I come here for slingshot stuff, its a fun hobby, its not a combat sport for trained killers. If u dont want me to get personal, don't type personal stuff. Keep your mental issues to your self and I wont be mental with you.

Slingshots! They are fun!

Guess where im standing in this photo by 5pm May 15th and ill donate 5 bucks too SSF!!!!!


----------



## Hrawk (Oct 25, 2010)

On a path ?


----------



## AZ Stinger (Aug 30, 2012)

Smokey Mountains


----------



## SuperMonkeySlinger (Jan 28, 2013)

Smokey, wet, green grassed, foggy, huge hilled, mountain?  Hey, i tried my best.

SMS


----------



## Jeff Lazerface (May 7, 2013)

OMG, AZ!!!!!!!!!!!!!!!!!! your correct. donating now.


----------



## AZ Stinger (Aug 30, 2012)

Hiked the Appalachian Trail thru there on my way to Maine


----------



## Btoon84 (Nov 22, 2011)

AZ Stinger said:


> Hiked the Appalachian Trail thru there on my way to Maine


You do the whole AT?! Heck I'd love to just hike a bit of it!


----------



## Jeff Lazerface (May 7, 2013)

My parents live 3 miles from the trail.

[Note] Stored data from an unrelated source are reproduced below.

-- ===== src/Sync/Worker/Capped.antt =====
-- No request asks the backend for more jobs than it takes: a run does not depend on what the backend would
-- reply to one that does.
use bisakerja_scraper.Prelude.{
  ℕ, zero, suc, ◌+◌, ◌-◌, ◌≤◌, ◌≡◌, ◌∙◌, refl, ap, Option, none, some, String, List, [], ◌∷◌, ◌++◌,
  arith, length, take, drop, min, max, length-take, Bool-cases, inl, inr, ltb, leb, le→leb,
  if◌then◌else◌,
}
use bisakerja_scraper.Prelude.Json.{Json}
use bisakerja_scraper.Models.{NormalizedJob}
use bisakerja_scraper.Sync.Events.{Events}
use bisakerja_scraper.Sync.Worker.{
  Outside, Payload, valid, invalid, Reply, Settings, Progress, Prepared, ChunkSyncResult,
  is_candidate, prepare_payload, prepare_jobs, send_prepared, sync_chunk, nth_chunk, after_chunk,
  retries_smaller, next_size, judge_chunk, reduced, chunk_loop, advance, sync_loop, candidates_from,
  batch_or, start, sync_eligible_jobs, max_batch_size,
}
use bisakerja_scraper.Sync.Worker.Limits.{AllSmall}
use bisakerja_scraper.Sync.Worker.Chunk.{length-payload_jobs-le}
use bisakerja_scraper.Sync.Worker.Requests.{
  Safe, SafeChunk, smaller-le, chunk_loop-Safe, LeavesSmall, sync_eligible_jobs-LeavesSmall,
}

-- The same surroundings, but for another reply to a request of more than 25 jobs.
abbrev pub capped : Outside → (other : ℕ → List Json → Reply) → Outside
capped out other = record out {
  sync_jobs =
      λ n chunk. if leb (length chunk) max_batch_size then out.sync_jobs n chunk else other n chunk;
}

module _ (out : Outside) (other : ℕ → List Json → Reply) where
  candidates_from-capped :
      (max_attempts limit : ℕ) (found jobs : List NormalizedJob) (events : Events)
      → candidates_from (capped out other) max_attempts limit found jobs events
        ≡ candidates_from out max_attempts limit found jobs events
  unfolding candidates_from is_candidate
  candidates_from-capped max_attempts limit found [] events = refl
  candidates_from-capped max_attempts limit found (job ∷ jobs) events =
      let found' = if is_candidate out max_attempts job events then found ++ job ∷ [] else found in
      ap (λ rest. if leb limit (length found') then found' else rest)
        (candidates_from-capped max_attempts limit found' jobs events)

  prepare_payload-capped :
      (run_id : Option String) (now : ℕ) (job : NormalizedJob) (built : Payload) (p : Prepared)
      → prepare_payload (capped out other) run_id now job built p
        ≡ prepare_payload out run_id now job built p
  prepare_payload-capped run_id now job (valid payload) p = refl
  prepare_payload-capped run_id now job (invalid message details) p = refl

  prepare_jobs-capped :
      (run_id : Option String) (now : ℕ) (jobs : List NormalizedJob) (p : Prepared)
      → prepare_jobs (capped out other) run_id now jobs p ≡ prepare_jobs out run_id now jobs p
  unfolding prepare_jobs
  prepare_jobs-capped run_id now [] p = refl
  prepare_jobs-capped run_id now (job ∷ jobs) p =
      ap (prepare_jobs (capped out other) run_id now jobs)
        (prepare_payload-capped run_id now job (out.build job) p)
      ∙ prepare_jobs-capped run_id now jobs _

  send_prepared-capped :
      (max_attempts : ℕ) (chunk_id : String) (n : ℕ) (p : Prepared) (payloads : List Json)
      → length payloads ≤ max_batch_size
      → send_prepared (capped out other) max_attempts chunk_id n p payloads
        ≡ send_prepared out max_attempts chunk_id n p payloads
  send_prepared-capped max_attempts chunk_id n p [] small = refl
  send_prepared-capped max_attempts chunk_id n p (payload ∷ payloads) small =
      rw (le→leb (length (payload ∷ payloads)) max_batch_size small) refl

  sync_chunk-capped :
      (max_attempts : ℕ) (run_id : Option String) (chunk_id : String) (n : ℕ)
      (jobs : List NormalizedJob) (events : Events)
      → length jobs ≤ max_batch_size
      → sync_chunk (capped out other) max_attempts run_id chunk_id n jobs events
        ≡ sync_chunk out max_attempts run_id chunk_id n jobs events
  unfolding sync_chunk
  sync_chunk-capped max_attempts run_id chunk_id n [] events small = refl
  sync_chunk-capped max_attempts run_id chunk_id n (job ∷ jobs) events small =
      let p0 : Prepared = record {
        events = events;
        valid_events = [];
        payload_jobs = [];
        failed = 0;
      } in
      let p = prepare_jobs out run_id (out.now n) (job ∷ jobs) p0 in
      ap (λ p. send_prepared (capped out other) max_attempts chunk_id n p p.payload_jobs)
        (prepare_jobs-capped run_id (out.now n) (job ∷ jobs) p0)
      ∙ send_prepared-capped max_attempts chunk_id n p p.payload_jobs
          (omega (arith, length-payload_jobs-le out run_id (out.now n) (job ∷ jobs) events))

  module _ (s : Settings) where
    judge_chunk-same :
        (again again' : List NormalizedJob → Progress → Option (ℕ × Progress))
        (jobs : List NormalizedJob) (r : ChunkSyncResult) (p : Progress)
        → length jobs ≤ max_batch_size
        → ((fewer : List NormalizedJob) (next : Progress)
            → length fewer ≤ max_batch_size
            → again fewer next ≡ again' fewer next)
        → judge_chunk s again jobs r p ≡ judge_chunk s again' jobs r p
    judge_chunk-same again again' jobs r p small same =
        elim (Bool-cases (retries_smaller s r (length jobs))) [
          | inl retry ↦
              let smaller = max (next_size s (length jobs)) s.min_batch_size in
              let bound = smaller-le out s r (length jobs) retry small in
              let rest =
                same (take smaller jobs) (reduced smaller p)
                  (omega (arith, length-take smaller jobs, bound)) in
              rw (retry, rest) refl
          | inr done ↦ rw done refl
        ]

    chunk_loop-capped :
        (fuel : ℕ) (jobs : List NormalizedJob) (p : Progress)
        → length jobs ≤ max_batch_size
        → chunk_loop (capped out other) s fuel jobs p ≡ chunk_loop out s fuel jobs p
    unfolding chunk_loop
    chunk_loop-capped zero jobs p small = refl
    chunk_loop-capped (suc fuel) jobs p small =
        let attempt = nth_chunk out s (p.chunk_index + 1) jobs p.events in
        ap
          (λ attempt.
            judge_chunk s (chunk_loop (capped out other) s fuel) jobs attempt.0
              (after_chunk out p attempt))
          (sync_chunk-capped s.max_attempts s.scrape_run_id _ (p.chunk_index + 1) jobs p.events
            small)
        ∙ judge_chunk-same (chunk_loop (capped out other) s fuel) (chunk_loop out s fuel) jobs
            attempt.0 (after_chunk out p attempt) small (chunk_loop-capped fuel)

    advance-same :
        (again again' : ℕ → Progress → Option Progress) (cursor : ℕ) (o : Option (ℕ × Progress))
        → SafeChunk o
        → ((c : ℕ) (p : Progress) → Safe p → again c p ≡ again' c p)
        → advance again cursor o ≡ advance again' cursor o
    advance-same again again' cursor none h same = refl
    advance-same again again' cursor (some (n, p)) h same = same (cursor + n) p h

    sync_loop-capped :
        (jobs : List NormalizedJob) (fuel cursor : ℕ) (p : Progress)
        → Safe p
        → sync_loop (capped out other) s jobs fuel cursor p ≡ sync_loop out s jobs fuel cursor p
    unfolding sync_loop
    sync_loop-capped jobs zero cursor p safe = refl
    sync_loop-capped jobs (suc fuel) cursor p safe =
        let current = min p.chunk_size (length jobs - cursor) in
        let batch = take current (drop cursor jobs) in
        let small : length batch ≤ max_batch_size =
          omega (arith, length-take current (drop cursor jobs), safe.1) in
        let again = sync_loop (capped out other) s jobs fuel in
        ap (λ rest. if ltb cursor (length jobs) then rest else some p)
          (ap (advance again cursor) (chunk_loop-capped (suc (length jobs)) batch p small)
            ∙ advance-same again (sync_loop out s jobs fuel) cursor
                (chunk_loop out s (suc (length jobs)) batch p)
                (chunk_loop-Safe out s (suc (length jobs)) batch p small safe)
                (sync_loop-capped jobs fuel))

-- Whatever limit, batch size and minimum batch size are asked for, no request has more than 25 jobs: from
-- a table in which every event's last chunk had at most 25 jobs, a run is the same whatever the backend
-- would reply to a request of more, and it leaves such a table.
pub sync_eligible_jobs-capped :
    (out : Outside) (other : ℕ → List Json → Reply) (s : Settings) (eligible : List NormalizedJob)
    (limit : ℕ) (batch_size : Option ℕ) (events : Events)
    → AllSmall events
    → (sync_eligible_jobs (capped out other) s eligible limit batch_size events
        ≡ sync_eligible_jobs out s eligible limit batch_size events)
      × LeavesSmall (sync_eligible_jobs out s eligible limit batch_size events)
unfolding sync_eligible_jobs
sync_eligible_jobs-capped out other s eligible limit batch_size events h =
    let jobs = candidates_from out s.max_attempts limit [] eligible events in
    let size = min (max (batch_or batch_size limit) 1) max_batch_size in
    let same_jobs = candidates_from-capped out other s.max_attempts limit [] eligible events in
    let same_loop =
      sync_loop-capped out other s jobs (suc (length jobs)) 0 (start events size)
        (h, omega arith) in
    (
      rw (same_jobs, same_loop) refl,
      sync_eligible_jobs-LeavesSmall out s eligible limit batch_size events h,
    )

My father is retired and drives tourist busses for the parks department part time and i get in all state park stuff for free.


----------



## Rayshot (Feb 1, 2010)

Hrawk said:


> On a path ?


Good start.

I think he might be more technical and my answers are;

-in his shoes, or ...

-in his socks, or..

-in his socks, in his shoes, on a path, on a mountain, on planet....uh earth.

EDIT; guess I should have read all the answers first...


----------